- _Task data_:
-- ===== src/SaveSched/Tests.antt =====
-- The theorems on the autosave scheduler at concrete times.
use ewb_server.Base.{pos, ◌+ℤ◌, ◌-ℤ◌, neg, ◌≡◌, refl, List, [], ◌∷◌, true}
use ewb_server.SaveSched.{SaveSched, Event, closes, wakes, autosave, departure, init, saves}
use ewb_server.SaveSched.Runs.{IsSpaced, saves-IsSpaced}

-- In seconds: a save every 15, and at most one requested save in 5.
abbrev start : SaveSched
start = init (pos 15) (pos 5) (pos 0)

abbrev party : List Event
party =
    closes true ∷ wakes (pos 1) ∷ closes true ∷ wakes (pos 3) ∷ wakes (pos 6) ∷ wakes (pos 40) ∷ []

party-saves : saves start party ≡ (pos 1, departure) ∷ (pos 6, departure) ∷ (pos 40, autosave) ∷ []
unfolding saves init ◌+ℤ◌ ◌-ℤ◌ neg
party-saves = refl

saves-IsSpaced_example : IsSpaced start.min_gap start.last_save (saves start party)
saves-IsSpaced_example = saves-IsSpaced start party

- _Work item_: Only the lines of the data holding the string "start" are wanted; copy each of them.

- _Response area_:
abbrev start : SaveSched
start = init (pos 15) (pos 5) (pos 0)
party-saves : saves start party ≡ (pos 1, departure) ∷ (pos 6, departure) ∷ (pos 40, autosave) ∷ []
saves-IsSpaced_example : IsSpaced start.min_gap start.last_save (saves start party)
saves-IsSpaced_example = saves-IsSpaced start party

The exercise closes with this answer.